Bersamaan dengan pembukaan kembali ini, AS menerapkan prosedur penyaringan media sosial yang lebih ketat. Petugas konsuler kini diminta untuk menelusuri jejak digital pemohon, mencari tanda-tanda yang dapat dianggap sebagai:
Permusuhan terhadap warga negara AS
Penolakan terhadap nilai-nilai, institusi, atau budaya Amerika
Aktivitas yang bertentangan dengan prinsip dasar negara
Informasi yang ditemukan akan dipertimbangkan secara kontekstual dan tidak serta-merta menyebabkan penolakan visa.
Dalam fase awal pembukaan kembali, kedutaan dan konsulat akan memprioritaskan:
Pemohon visa J-1 untuk profesi medis (dokter)
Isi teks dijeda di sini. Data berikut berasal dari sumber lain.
-- ===== src/Pipeline/Decision/Ingest.antt =====
-- Which events crates/pipeline drops at ingest, and which it promotes.
use contextd.Prelude.{
  ◌≤◌, ◌<◌, ◌≡◌, ◌≢◌, ◌⊎◌, ◌↔◌, inl, inr, refl, true, false, some, arith, ltb, tests, Bool-cases,
}
use contextd.Text.{Text, str}
use contextd.Text.Equality.{text_eq_refl}
use contextd.Json.{Json, str_at}
use contextd.Core.Event.{RawEvent, ProcessedEvent, EventSource, source_eq, new}
use contextd.Core.Memory.{UseCase, MemoryType, research, survives_pruning, semantic}
use contextd.Pipeline.Heuristics.{process_event, score_of, file_score_bounds, git_score_bounds}
use contextd.Pipeline.Classify.{classify_memory_type, git_memory}
use contextd.Pipeline.Content.{looks_like_failure}
use contextd.Pipeline.Decision.{
  decide, should_drop, verdict, analyze, drop, promote, is_drop, is_research, Decision,
}

is_drop-eq : (d : Decision) → is_drop d ≡ true → d ≡ drop
is_drop-eq d h = ground arith

is_research_ne : (u : UseCase) → u ≢ research → is_research u ≡ false
is_research_ne u h = ground arith

is_research-research : is_research research ≡ true
is_research-research = refl

source_eq_ne : (s t : EventSource) → s ≢ t → source_eq s t ≡ false
unfolding source_eq
source_eq_ne s t h = ground arith

source_eq_refl : (s : EventSource) → source_eq s s ≡ true
unfolding source_eq
source_eq_refl s = ground arith

module _ {V : Type 0} (json : Json V) where
  -- An event is dropped exactly if it is quiet, reports no failure and is no research, whatever
  -- the kind of memory.
  pub decide-drop_iff :
      (e : ProcessedEvent V) (u : UseCase) (m : MemoryType)
      → (decide json e u m ≡ drop)
        ↔ ((e.score < 25) × (looks_like_failure json e.raw ≡ false) × (u ≢ research))
  unfolding decide
  decide-drop_iff e u m = (
    λ h. (ground arith, ground arith, λ same. ground (arith, is_research-research)),
    λ h. ground (arith, is_research_ne u h.2),
  )

  -- A failure is promoted, however it scored and whatever it is.
  pub decide-failure :
      (e : ProcessedEvent V) (u : UseCase) (m : MemoryType)
      → looks_like_failure json e.raw ≡ true
      → decide json e u m ≡ promote
  unfolding decide
  decide-failure e u m h = ground arith

  module _ (lower : Text → Text) where
    -- The shortcut of ingest agrees with the verdict: an event is dropped exactly if the verdict
    -- on it is to drop it and it is no claim and no note.
    pub should_drop_iff :
        (e : ProcessedEvent V)
        → (should_drop json lower e ≡ true) ↔ (
            (verdict json lower e ≡ drop)
            × (e.raw.source ≢ EventSource.claim)
            × (e.raw.source ≢ EventSource.note))
    unfolding should_drop
    should_drop_iff e = (
      λ h. (
        is_drop-eq (verdict json lower e) (ground arith),
        λ same. ground (arith, source_eq_refl EventSource.claim),
        λ same. ground (arith, source_eq_refl EventSource.note),
      ),
      λ h.
          let (quiet, _, _) = (decide-drop_iff e _ _).0 h.0 in
          ground (
            arith,
            source_eq_ne e.raw.source EventSource.claim h.1,
            source_eq_ne e.raw.source EventSource.note h.2,
          ),
    )

    quiet-source :
        (source : EventSource) (raw : RawEvent V)
        → raw.source ≡ source
        → score_of json raw < 25
        → (source ≡ EventSource.shell) ⊎ (source ≡ EventSource.proc)
    unfolding score_of
    quiet-source EventSource.shell raw h q = inl refl
    quiet-source EventSource.proc raw h q = inr refl
    quiet-source EventSource.file_system raw h q =
        absurd (ground (arith, file_score_bounds (str_at json raw.payload (str "path"))))
    quiet-source EventSource.git raw h q =
        absurd (ground (arith, git_score_bounds (str_at json raw.payload (str "action"))))
    quiet-source _ raw h q = absurd (ground arith)

    -- What is dropped at ingest, after scoring, comes from the shell or the process poller, reports
    -- no failure, and is no research.
    pub ingest-drop :
        (raw : RawEvent V)
        → should_drop json lower (process_event json raw) ≡ true
        → ((raw.source ≡ EventSource.shell) ⊎ (raw.source ≡ EventSource.proc))
          × (looks_like_failure json raw ≡ false)
          × ((analyze json lower raw).use_case ≢ research)
    unfolding process_event new
    ingest-drop raw h =
        let e = process_event json raw in
        let (quiet, sound, other) = (decide-drop_iff e _ _).0 ((should_drop_iff e).0 h).0 in
        (quiet-source raw.source raw refl quiet, sound, other)

    memory-manifest :
        (raw : RawEvent V)
        → raw.source ≡ EventSource.manifest
        → classify_memory_type lower json raw ≡ semantic
    unfolding classify_memory_type
    memory-manifest raw h = rw (h, classify_memory_type)

    memory-commit :
        (raw : RawEvent V)
        → raw.source ≡ EventSource.git
        → str_at json raw.payload (str "action") ≡ some (str "commit")
        → classify_memory_type lower json raw ≡ semantic
    unfolding classify_memory_type git_memory
    memory-commit raw h a = rw (h, classify_memory_type, a, text_eq_refl (str "commit"))

    loud :
        (source : EventSource) (raw : RawEvent V)
        → raw.source ≡ source
        → (source ≢ EventSource.shell) × (source ≢ EventSource.proc)
        → 25 ≤ score_of json raw
    loud source raw h other = elim (Bool-cases (ltb (score_of json raw) 25)) [
      | inl quiet ↦ absurd (neither (quiet-source source raw h (omega tests)))
      | inr enough ↦ omega tests
    ]
      where
        neither : ((source ≡ EventSource.shell) ⊎ (source ≡ EventSource.proc)) → ⊥
        neither (inl e) = other.0 e
        neither (inr e) = other.1 e

    lasting :
        (raw : RawEvent V)
        → classify_memory_type lower json raw ≡ semantic
        → 25 ≤ score_of json raw
        → verdict json lower (process_event json raw) ≡ promote
    unfolding decide process_event new analyze survives_pruning
    lasting raw m l = ground arith

    -- A change of dependencies, a commit and a failure are promoted after scoring, from whatever
    -- payload.
    pub ingest-promote :
        (raw : RawEvent V)
        → (raw.source ≡ EventSource.manifest)
          ⊎ ((raw.source ≡ EventSource.git)
              × (str_at json raw.payload (str "action") ≡ some (str "commit")))
          ⊎ (looks_like_failure json raw ≡ true)
        → verdict json lower (process_event json raw) ≡ promote
    unfolding process_event new
    ingest-promote raw (inl manifest) =
        lasting raw (memory-manifest raw manifest)
          (loud EventSource.manifest raw manifest (λ e. cc, λ e. cc))
    ingest-promote raw (inr (inl (git, commit))) =
        lasting raw (memory-commit raw git commit) (loud EventSource.git raw git (λ e. cc, λ e. cc))
    ingest-promote raw (inr (inr failure)) = decide-failure (process_event json raw) _ _ failure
Pelamar dari institusi yang memiliki kurang dari 15% populasi mahasiswa internasional
Ketersediaan janji temu akan meningkat seiring waktu, sejalan dengan kapasitas operasional masing-masing pos diplomatik.
Meskipun persyaratan menjadi lebih ketat, Amerika Serikat tetap membuka peluang studi bagi pelajar internasional. Pelamar disarankan untuk:
Menjaga rekam jejak digital yang profesional dan tidak menyinggung pihak mana pun
Menyusun dokumen aplikasi dengan lengkap dan akurat
Mengawasi ketersediaan janji temu visa di kedutaan atau konsulat terdekat
Informasi lebih lanjut mengenai proses visa pelajar ke AS tersedia di Hotcourses Indonesia, termasuk panduan langkah demi langkah, dokumen yang dibutuhkan, dan strategi mempersiapkan wawancara visa.
Amazon Jadi Pemberi Kerja OPT Terbesar bagi Mahasiswa Internasional di AS pada 2024
Amazon tercatat sebagai perusahaan dengan jumlah peserta Optional Practical Training (OPT) terbanyak di Amerika Serikat tahun 2024, mempekerjakan 10.167 mahasiswa internasional. Angka ini menjadikan Amazon sebagai pemberi kerja terbesar dalam program kerja pasca studi tersebut.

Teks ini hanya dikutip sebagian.